(Collected data entries)

Start of Block

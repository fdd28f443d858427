-- ===== src/AsyncOps/Waiter.antt =====
-- AsyncOps.cpp: a waiter that sleeps on the counter of its schedule, as the loop of
-- `wait_for_schedule_completion` has it, and the threads that change the counter. `wait` of an atomic
-- blocks only if the counter has the value that it is given, and a notified thread compares again. The
-- counter is an `i32`, kept as its bit pattern as in AsyncOps.
mod Tests
use iacore.Base.{
  ℕ, zero, suc, ◌+◌, ◌-◌, ◌%◌, ◌^◌, ◌<◌, ◌≤◌, ◌≡◌, refl, inl, inr, Bool-cases, ==→eq, ◌==◌,
  if◌then◌else◌, arith,
}
use iacore.AsyncOps.{is_positive}

-- Where the waiter is: at its test, past it, with the value that it loads then, asleep, out of the loop.
pub data Waiting : Type 0 where
  at_test looking : Waiting
  with_value : ℕ → Waiting
  sleeping_on : ℕ → Waiting
  done_waiting : Waiting

-- The counter, the notifications that threads have still to send after they have lowered it to 0, and
-- the waiter.
pub record Watched : Type 0 where
  pub counter : ℕ
  pub owed : ℕ
  pub waiter : Waiting

-- `schedule->counter.load() > 0`, the second load, and `wait`.
pub test_counter : ℕ → Waiting
test_counter counter = if is_positive counter then looking else done_waiting

pub load_value : ℕ → Waiting
load_value zero = at_test
load_value (suc n) = with_value (suc n)

pub wait_on : (counter value : ℕ) → Waiting
wait_on counter value = if counter == value then sleeping_on value else at_test

pub notified_waiter : ℕ → Waiting → Waiting
unfolding wait_on
notified_waiter counter at_test = at_test
notified_waiter counter looking = looking
notified_waiter counter (with_value v) = with_value v
notified_waiter counter (sleeping_on v) = wait_on counter v
notified_waiter counter done_waiting = done_waiting

-- The number is how many tasks the step adds to the schedule.
pub data WatchStep : ℕ → Watched → Watched → Type 0 where
  tests :
      {s : Watched}
      → s.waiter ≡ at_test
      → WatchStep 0 s (record s { waiter = test_counter s.counter })
  helps_out : {s : Watched} → s.waiter ≡ looking → WatchStep 0 s (record s { waiter = at_test })
  loads :
      {s : Watched}
      → s.waiter ≡ looking
      → WatchStep 0 s (record s { waiter = load_value s.counter })
  waits_on :
      {s : Watched} (v : ℕ)
      → s.waiter ≡ with_value v
      → WatchStep 0 s (record s { waiter = wait_on s.counter v })
  adds : {s : Watched} → WatchStep 1 s (record s { counter = (s.counter + 1) % 2 ^ 32 })
  lowers :
      {s : Watched}
      → 0 < s.counter
      → WatchStep 0 s (record s {
        counter = (s.counter + 2 ^ 32 - 1) % 2 ^ 32;
        owed = if s.counter == 1 then s.owed + 1 else s.owed;
      })
  notifies :
      {s : Watched} (n : ℕ)
      → s.owed ≡ n + 1
      → WatchStep 0 s (record s { owed = n; waiter = notified_waiter s.counter s.waiter })

-- The number is how many tasks were added to the schedule, with those that it has when the waiter comes.
pub data WatchReachable : ℕ → Watched → Type 0 where
  begins_waiting :
      (counter : ℕ)
      → WatchReachable counter (record { counter = counter; owed = 0; waiter = at_test })
  continues :
      {n k : ℕ} {s s' : Watched} → WatchReachable n s → WatchStep k s s' → WatchReachable (n + k) s'

-- The counter is positive or a notification is owed, and a value that the waiter holds is positive.
IsWatched : ℕ → ℕ → Waiting → Type 0
IsWatched counter owed at_test = Unit {0}
IsWatched counter owed looking = Unit {0}
IsWatched counter owed (with_value v) = 0 < v
IsWatched counter owed (sleeping_on v) = (0 < v) × (0 < counter + owed)
IsWatched counter owed done_waiting = Unit {0}

test_counter-IsWatched : (counter owed : ℕ) → IsWatched counter owed (test_counter counter)
unfolding IsWatched test_counter
test_counter-IsWatched counter owed = ground arith

load_value-IsWatched : (counter owed : ℕ) → IsWatched counter owed (load_value counter)
unfolding IsWatched load_value
load_value-IsWatched zero owed = tt
load_value-IsWatched (suc n) owed = omega arith

wait_on-IsWatched : (counter owed v : ℕ) → 0 < v → IsWatched counter owed (wait_on counter v)
unfolding IsWatched wait_on
wait_on-IsWatched counter owed v positive = elim (Bool-cases (counter == v)) [
  | inl same ↦ rw same (positive, omega (arith, ==→eq counter v same))
  | inr differ ↦ rw differ tt
]

-- A step of another thread keeps what is promised, if it keeps a positive counter or owes a notification.
other-IsWatched :
    (counter owed counter' owed' : ℕ) (w : Waiting)
    → (0 < counter + owed → 0 < counter' + owed')
    → IsWatched counter owed w
    → IsWatched counter' owed' w
unfolding IsWatched
other-IsWatched counter owed counter' owed' at_test keeps i = tt
other-IsWatched counter owed counter' owed' looking keeps i = tt
other-IsWatched counter owed counter' owed' (with_value v) keeps i = i
other-IsWatched counter owed counter' owed' (sleeping_on v) keeps i = (i.0, keeps i.1)
other-IsWatched counter owed counter' owed' done_waiting keeps i = tt

notified-IsWatched :
    (counter owed owed' : ℕ) (w : Waiting)
    → IsWatched counter owed w
    → IsWatched counter owed' (notified_waiter counter w)
unfolding IsWatched notified_waiter
notified-IsWatched counter owed owed' at_test i = tt
notified-IsWatched counter owed owed' looking i = tt
notified-IsWatched counter owed owed' (with_value v) i = i
notified-IsWatched counter owed owed' (sleeping_on v) i = wait_on-IsWatched counter owed' v i.0
notified-IsWatched counter owed owed' done_waiting i = tt

counter_le : {n : ℕ} {s : Watched} → WatchReachable n s → n < 2 ^ 31 → s.counter ≤ n
counter_le (begins_waiting counter) small = omega arith
counter_le (continues r (tests e)) small = omega (arith, counter_le r (omega arith))
counter_le (continues r (helps_out e)) small = omega (arith, counter_le r (omega arith))
counter_le (continues r (loads e)) small = omega (arith, counter_le r (omega arith))
counter_le (continues r (waits_on v e)) small = omega (arith, counter_le r (omega arith))
counter_le (continues r adds) small = omega (arith, counter_le r (omega arith))
counter_le (continues r (lowers pos)) small = omega (arith, counter_le r (omega arith))
counter_le (continues r (notifies k e)) small = omega (arith, counter_le r (omega arith))

WatchReachable-IsWatched :
    {n : ℕ} {s : Watched} → WatchReachable n s → n < 2 ^ 31 → IsWatched s.counter s.owed s.waiter
unfolding IsWatched
WatchReachable-IsWatched (begins_waiting counter) small = tt
WatchReachable-IsWatched (continues {s = s} r (tests e)) small =
    test_counter-IsWatched s.counter s.owed
WatchReachable-IsWatched (continues r (helps_out e)) small = tt
WatchReachable-IsWatched (continues {s = s} r (loads e)) small =
    load_value-IsWatched s.counter s.owed
WatchReachable-IsWatched (continues {s = s} r (waits_on v e)) small =
    wait_on-IsWatched s.counter s.owed v (rw e at (WatchReachable-IsWatched r (omega arith)))
WatchReachable-IsWatched (continues {s = s} r adds) small =
    other-IsWatched s.counter s.owed ((s.counter + 1) % 2 ^ 32) s.owed s.waiter
      (λ h. omega (arith, counter_le r (omega arith))) (WatchReachable-IsWatched r (omega arith))
WatchReachable-IsWatched (continues {s = s} r (lowers pos)) small =
    let le = counter_le r (omega arith) in
    other-IsWatched s.counter s.owed ((s.counter + 2 ^ 32 - 1) % 2 ^ 32)
      (if s.counter == 1 then s.owed + 1 else s.owed) s.waiter (λ h. ground arith)
      (WatchReachable-IsWatched r (omega arith))
WatchReachable-IsWatched (continues {s = s} r (notifies k e)) small =
    notified-IsWatched s.counter s.owed k s.waiter (WatchReachable-IsWatched r (omega arith))

-- A waiter does not sleep through the end of its schedule, in any interleaving in which fewer than 2 ^ 31 tasks are added
-- to it, so that the `i32` does not wrap around: when the waiter sleeps and the counter is 0, the thread that has lowered
-- it to 0 has its notification still to send.
pub sleeping_on-owed :
    {n : ℕ} {s : Watched} (v : ℕ)
    → WatchReachable n s
    → n < 2 ^ 31
    → s.waiter ≡ sleeping_on v
    → s.counter ≡ 0
    → 0 < s.owed
unfolding IsWatched
sleeping_on-owed v r small asleep over =
    let i = rw asleep at (WatchReachable-IsWatched r small) in omega (arith, i.1)

-- The waiter can leave its loop, after which its caller may destroy the schedule, while the thread that has lowered the
-- counter has its notification still to send.
pub early_leave : Watched
early_leave = record { counter = 0; owed = 1; waiter = done_waiting }

early_leave-WatchReachable : WatchReachable 1 early_leave
unfolding early_leave test_counter is_positive
early_leave-WatchReachable =
    continues (continues (begins_waiting 1) (lowers (omega arith))) (tests refl)
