-- ===== src/AsyncOps/Waiter/Tests.antt =====
-- AsyncOps.cpp: a waiter that falls asleep while the last task of its schedule ends.
use iacore.Base.{◌<◌, refl, arith}
use iacore.AsyncOps.{is_positive}
use iacore.AsyncOps.Waiter.{
  Watched, sleeping_on, test_counter, load_value, wait_on, tests, loads, waits_on, lowers,
  WatchReachable, begins_waiting, continues, sleeping_on-owed,
}

abbrev asleep_at_end : Watched
asleep_at_end = record { counter = 0; owed = 1; waiter = sleeping_on 1 }

asleep_at_end-WatchReachable : WatchReachable 1 asleep_at_end
unfolding test_counter load_value wait_on is_positive
asleep_at_end-WatchReachable =
    let tested = continues (begins_waiting 1) (tests refl) in
    let held = continues tested (loads refl) in
    let asleep = continues held (waits_on 1 refl) in continues asleep (lowers (omega arith))

sleeping_on-owed_example : 0 < asleep_at_end.owed
sleeping_on-owed_example = sleeping_on-owed 1 asleep_at_end-WatchReachable (omega arith) refl refl
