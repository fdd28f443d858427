-- ===== src/DataOps.antt =====
-- Src/IACore/imp/cpp/DataOps.cpp: the checksum, the hashes and the test for a format; the compression
-- is in DataOps/Compression. `u32` arithmetic is taken modulo 2 ^ 32. A loop that moves a pointer by
-- 8 or 16 bytes while that many are left makes as many rounds as the length holds such blocks. The
-- laws are in DataOps/Crc and DataOps/Formats; known values of the checksum and of the hashes are in
-- the tests.
pub mod Crc
pub mod Compression
pub mod Formats
mod Tests
use Prim.Native.Nat.{bit_xor}
use iacore.Base.{
  ℕ, zero, suc, ◌+◌, ◌-◌, ◌*◌, ◌/◌, ◌%◌, ◌^◌, bit_and, bit_or, Bool, true, false, ◌&&◌, ◌||◌, [],
  ◌∷◌, Bytes, length, get_or, drop, ltb, leb, ◌==◌, if◌then◌else◌,
}

-- `read_unaligned<u32>`, little-endian.
pub read_u32 : Bytes → ℕ
read_u32 p = get_or p 0 0 + get_or p 1 0 * 2 ^ 8 + get_or p 2 0 * 2 ^ 16 + get_or p 3 0 * 2 ^ 24

-- `Crc32Tables`
pub crc_bits : ℕ → ℕ → ℕ
crc_bits zero crc = crc
crc_bits (suc n) crc = crc_bits n (bit_xor (crc / 2) (if bit_and crc 1 == 0 then 0 else 0x82F63B78))

pub table : ℕ → ℕ → ℕ
unfolding crc_bits
table zero i = crc_bits 8 i
table (suc slice) i =
    let prev = table slice i in bit_xor (prev / 2 ^ 8) (crc_bits 8 (bit_and prev 0xFF))

-- The first loop of `crc32_software_slice8`.
pub slice_round : Bytes → ℕ → ℕ
unfolding table read_u32
slice_round p crc =
    let term1 = bit_xor crc (read_u32 p) in
    let term2 = read_u32 (drop 4 p) in
    bit_xor
      (bit_xor
        (bit_xor
          (bit_xor
            (bit_xor
              (bit_xor
                (bit_xor (table 7 (bit_and term1 0xFF)) (table 6 (bit_and (term1 / 2 ^ 8) 0xFF)))
                (table 5 (bit_and (term1 / 2 ^ 16) 0xFF)))
              (table 4 (term1 / 2 ^ 24)))
            (table 3 (bit_and term2 0xFF)))
          (table 2 (bit_and (term2 / 2 ^ 8) 0xFF)))
        (table 1 (bit_and (term2 / 2 ^ 16) 0xFF)))
      (table 0 (term2 / 2 ^ 24))

-- The two loops of a checksum: `while (len >= 8) { …; p += 8; len -= 8; }`, as many rounds as there
-- are blocks, and `while (len--)`, byte by byte.
unfoldable pub block_rounds : (Bytes → ℕ → ℕ) → ℕ → Bytes → ℕ → ℕ
block_rounds round zero p crc = crc
block_rounds round (suc n) p crc = block_rounds round n (drop 8 p) (round p crc)

unfoldable pub single_rounds : (ℕ → ℕ → ℕ) → Bytes → ℕ → ℕ
single_rounds round [] crc = crc
single_rounds round (b ∷ p) crc = single_rounds round p (round crc b)

pub checksum : (Bytes → ℕ → ℕ) → (ℕ → ℕ → ℕ) → Bytes → ℕ
unfolding block_rounds single_rounds
checksum block single bytes =
    let blocks = length bytes / 8 in
    bit_xor
      (single_rounds single (drop (blocks * 8) bytes) (block_rounds block blocks bytes 0xFFFFFFFF))
      0xFFFFFFFF

pub table_step : ℕ → ℕ → ℕ
unfolding table
table_step crc b = bit_xor (crc / 2 ^ 8) (table 0 (bit_and (bit_xor crc b) 0xFF))

pub crc32_software_slice8 : Bytes → ℕ
unfolding checksum slice_round table_step
crc32_software_slice8 = checksum slice_round table_step

-- `read_unaligned<u64>`, little-endian.
pub read_u64 : Bytes → ℕ
unfolding read_u32
read_u64 p = read_u32 p + read_u32 (drop 4 p) * 2 ^ 32

-- The checksum instructions of a processor, which are not code of the program: a word of eight
-- bytes, and a single byte.
pub record CrcUnit : Type 0 where
  pub crc32_u64 : ℕ → ℕ → ℕ
  pub crc32_u8 : ℕ → ℕ → ℕ

pub crc32_x64_hw : CrcUnit → Bytes → ℕ
unfolding checksum read_u64
crc32_x64_hw unit =
    checksum (λ p crc. unit.crc32_u64 crc (read_u64 p) % 2 ^ 32) (λ crc b. unit.crc32_u8 crc b)

pub crc32_arm64_hw : CrcUnit → Bytes → ℕ
unfolding checksum read_u64
crc32_arm64_hw unit =
    checksum (λ p crc. unit.crc32_u64 crc (read_u64 p)) (λ crc b. unit.crc32_u8 crc b)

-- What the program is compiled for; on ARM the instructions may be missing.
pub data Architecture : Type 0 where
  x64 other_arch : Architecture
  arm64 : (hardware_crc32 : Bool) → Architecture

pub crc32 : Architecture → CrcUnit → Bytes → ℕ
unfolding crc32_x64_hw crc32_arm64_hw crc32_software_slice8
crc32 x64 unit bytes = crc32_x64_hw unit bytes
crc32 other_arch unit bytes = crc32_software_slice8 bytes
crc32 (arm64 hardware_crc32) unit bytes =
    if hardware_crc32 then crc32_arm64_hw unit bytes else crc32_software_slice8 bytes

abbrev pub u32_mod : ℕ
u32_mod = 2 ^ 32

-- `std::rotl` of a `u32`, for 0 < k < 32.
pub rotl : ℕ → ℕ → ℕ
rotl x k = bit_or (x * 2 ^ k % u32_mod) (x / 2 ^ (32 - k))

pub xxh32_round : ℕ → ℕ → ℕ
unfolding rotl
xxh32_round seed input = rotl ((seed + input * 0x85EBCA77) % u32_mod) 13 * 0x9E3779B1 % u32_mod

-- The four lanes of the loop over blocks of 16 bytes.
pub record Lanes : Type 0 where
  pub v1 : ℕ
  pub v2 : ℕ
  pub v3 : ℕ
  pub v4 : ℕ

pub first_lanes : ℕ → Lanes
first_lanes seed = record {
  v1 = (seed + 0x9E3779B1 + 0x85EBCA77) % u32_mod;
  v2 = (seed + 0x85EBCA77) % u32_mod;
  v3 = seed;
  v4 = (seed + u32_mod - 0x9E3779B1) % u32_mod;
}

pub lane_rounds : ℕ → Bytes → Lanes → Lanes
unfolding xxh32_round read_u32
lane_rounds zero p v = v
lane_rounds (suc n) p v = lane_rounds n (drop 16 p) (record {
  v1 = xxh32_round v.v1 (read_u32 p);
  v2 = xxh32_round v.v2 (read_u32 (drop 4 p));
  v3 = xxh32_round v.v3 (read_u32 (drop 8 p));
  v4 = xxh32_round v.v4 (read_u32 (drop 12 p));
})

pub join_lanes : Lanes → ℕ
unfolding rotl
join_lanes v = (rotl v.v1 1 + rotl v.v2 7 + rotl v.v3 12 + rotl v.v4 18) % u32_mod

-- The loops over the words and the bytes that are left.
pub word_rounds : ℕ → Bytes → ℕ → ℕ
unfolding rotl read_u32
word_rounds zero p h32 = h32
word_rounds (suc n) p h32 =
    word_rounds n (drop 4 p)
      (rotl ((h32 + read_u32 p * 0xC2B2AE3D) % u32_mod) 17 * 0x27D4EB2F % u32_mod)

pub byte_rounds : Bytes → ℕ → ℕ
unfolding rotl
byte_rounds [] h32 = h32
byte_rounds (b ∷ p) h32 =
    byte_rounds p (rotl ((h32 + b * 0x165667B1) % u32_mod) 11 * 0x9E3779B1 % u32_mod)

pub avalanche : ℕ → ℕ
avalanche h32 =
    let a = bit_xor h32 (h32 / 2 ^ 15) * 0x85EBCA77 % u32_mod in
    let b = bit_xor a (a / 2 ^ 13) * 0xC2B2AE3D % u32_mod in bit_xor b (b / 2 ^ 16)

pub hash_xxhash : Bytes → ℕ → ℕ
unfolding first_lanes lane_rounds join_lanes word_rounds byte_rounds avalanche
hash_xxhash bytes seed =
    let size = length bytes in
    let blocks = size / 16 in
    let rest = drop (blocks * 16) bytes in
    let words = size % 16 / 4 in
    let lanes = join_lanes (lane_rounds blocks bytes (first_lanes seed)) in
    let begin = if leb 16 size then lanes else (seed + 0x165667B1) % u32_mod in
    let with_size = (begin + size % u32_mod) % u32_mod in
    avalanche (byte_rounds (drop (words * 4) rest) (word_rounds words rest with_size))

pub fnv_loop : Bytes → ℕ → ℕ
fnv_loop [] hash = hash
fnv_loop (b ∷ bytes) hash = fnv_loop bytes (bit_xor hash b * 0x01000193 % u32_mod)

pub hash_fnv1a : Bytes → ℕ
unfolding fnv_loop
hash_fnv1a bytes = fnv_loop bytes 0x811C9DC5

pub data CompressionType : Type 0 where
  plain gzip zlib : CompressionType

pub detect_compression : Bytes → CompressionType
detect_compression bytes =
    let first = get_or bytes 0 0 in
    let second = get_or bytes 1 0 in
    if ltb (length bytes) 2
    then plain
    else if first == 0x1F && second == 0x8B
    then gzip
    else if first == 0x78 && (second == 0x01 || second == 0x9C || second == 0xDA)
    then zlib
    else plain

End of Block

**Exercise brief**
Print the lines above from the one with "counter' owed' w" through the one with "other-IsWatched counter owed counter' owed' (with_value", both included, exactly as written and nothing more.

**Answer below**
    → IsWatched counter' owed' w
unfolding IsWatched
other-IsWatched counter owed counter' owed' at_test keeps i = tt
other-IsWatched counter owed counter' owed' looking keeps i = tt
other-IsWatched counter owed counter' owed' (with_value v) keeps i = i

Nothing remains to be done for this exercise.